FIG. 1 is a flow chart of a multi-level scientific research topic mining method of the present invention;

FIG. 2 is a flow chart of the construction of an article cluster of the present invention;

FIG. 3 is a construction diagram of an article cluster index set tree of the present invention;

FIG. 4 is a flow chart of the invention for determining subject relationships of scientific research.

Detailed Description

The following description of the embodiments of the present invention will be made clearly and completely with reference to the accompanying drawings, in which it is apparent that the embodiments described are only some embodiments of the present invention, but not all embodiments. The specific embodiments described herein are merely illustrative of the invention and are not intended to limit the invention. All other embodiments, which can be made by those skilled in the art based on the embodiments of the invention without making any inventive effort, are intended to be within the scope of the invention.
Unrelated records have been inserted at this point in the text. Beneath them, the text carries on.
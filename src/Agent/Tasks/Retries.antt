-- ===== src/Agent/Tasks/Retries.antt =====
-- An update whose commands fail, and the update after it.
use mathlib.Core.Path.{subst}
use wireguard_babeld_igp.Base.{
  ◌≡◌, ◌∙◌, ap, refl, false, String, Option, none, some, if_pos, if◌then◌else◌, ◌∷◌, ◌=?◌,
  string_key,
}
use wireguard_babeld_igp.Data.Map.{get, put, get-put}
use wireguard_babeld_igp.Errors.{ok, err, Error}
use wireguard_babeld_igp.Config.{AgentConfig}
use wireguard_babeld_igp.Agent.System.{
  System, Agent, Files, Command, Done, and_then, wrapped_in, run, write_file, ran, written,
}
use wireguard_babeld_igp.Agent.Tasks.{
  enable_wireguard, restart_wireguard, install_peer, update_peer, unless_dry, path_of,
}
use wireguard_babeld_igp.Agent.Tasks.Install.{text_of, text_at, skipped}

-- Whatever it returns, a step leaves these files.
Leaves : Files → Done → Type 0
Leaves f d = d.1.files ≡ f

seq-Leaves :
    (f : Files) (d : Done) (g : Agent → Done)
    → Leaves f d
    → ((a : Agent) → Leaves a.files (g a))
    → Leaves f (and_then d g)
unfolding Leaves and_then
seq-Leaves f (ok u, a) g e k = k a ∙ e
seq-Leaves f (err x, a) g e k = e

wrap-Leaves : (f : Files) (text : String) (d : Done) → Leaves f d → Leaves f (wrapped_in text d)
unfolding Leaves wrapped_in
wrap-Leaves f text (ok u, a) e = e
wrap-Leaves f text (err x, a) e = e

ran-Leaves : (a : Agent) (o : Option Error) → Leaves a.files (ran a o)
unfolding Leaves ran
ran-Leaves a none = refl
ran-Leaves a (some e) = refl

module _ (sys : System) (cfg : AgentConfig) (dry : cfg.dry_run ≡ false) where
  command-Leaves :
      (text : String) (c : Command) (a : Agent)
      → Leaves a.files (unless_dry sys cfg (λ b. wrapped_in text (run sys c b)) a)
  unfolding unless_dry run
  command-Leaves text c a =
      rw dry
        (wrap-Leaves _ _ _ (ran-Leaves (record a { runs = c ∷ a.runs }) (sys.run_error a.runs c)))

  module _ (peer text : String) (a : Agent)
      (written_ok : sys.write_error (path_of sys cfg peer) text a.files ≡ none) where
    write-Leaves :
        Leaves
          (put a.files (path_of sys cfg peer) text)
          (unless_dry sys cfg (write_file sys (path_of sys cfg peer) text) a)
    unfolding Leaves unless_dry write_file written
    write-Leaves = simp (dry, if◌then◌else◌, written_ok)

    install_peer-Leaves :
        Leaves (put a.files (path_of sys cfg peer) text) (install_peer sys cfg peer text a)
    unfolding install_peer enable_wireguard restart_wireguard
    install_peer-Leaves = seq-Leaves _ _ _ (wrap-Leaves _ _ _ write-Leaves) (λ b.
        seq-Leaves _ _ _ (wrap-Leaves _ _ _ (command-Leaves _ _ b))
          (λ c. wrap-Leaves _ _ _ (command-Leaves _ _ c)))

    -- Where files can be read, an installation that wrote its file and then failed, since the interface
    -- could not be enabled or restarted, is not made up for: the update after it succeeds without a
    -- command, so the interface keeps the configuration from before.
    pub failed_restart_skipped :
        sys.read_error (path_of sys cfg peer) ≡ none
        → (e : Error) (b : Agent) → install_peer sys cfg peer text a ≡ (err e, b)
        → update_peer sys cfg peer text b ≡ (ok tt, b)
    unfolding Leaves
    failed_restart_skipped r e b f =
        let path = path_of sys cfg peer in
        let files = subst (λ (d : Done). d.1.files ≡ put a.files path text) f install_peer-Leaves in
        skipped sys cfg dry peer text b r (
          ap (λ g. text_at g path) files
          ∙ ap text_of (
              get-put a.files path path text
              ∙ if_pos (path =? path) refl (some text) (get a.files path)))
The embodiment of the invention provides a multi-level scientific research topic mining method based on text embedded vector clustering, wherein article clusters are a reasonable representation form of cross-discipline scientific research topics, each article cluster is further represented by a series of keyword semantic clusters, and the semantic clusters are regarded as general scientific research topics.

The topic keywords under the same keyword semantic cluster have similar semantics, and the semantic similarity of the topic keywords is strong enough to be distinguished from other semantic clusters. By way of example, a "neural network" is a general scientific topic that contains keywords such as "nerve", "neuron", "convolutional neural network", "recurrent neural network", etc., that have semantic similarity.

The article clusters are composed of articles describing similar scientific content, and the clusters must contain at least two keyword semantic clusters to represent their interdisciplinary nature. For example, the article cluster "neural network-based image segmentation technique" is a interdisciplinary subject generated by combining the general subjects "neural network" and "image processing". In the present invention, the article clusters are represented as distribution vectors over a limited number of keyword semantic clusters. If an article cluster contains only one keyword semantic cluster with a probability of 1, the article cluster should be regarded as a general scientific research topic. In addition, if two article clusters are crowded with the same keyword semantic clusters, but the probability distributions across these clusters are significantly different, they correspond to two different interdisciplinary subjects or directions under the same generic subject fusion.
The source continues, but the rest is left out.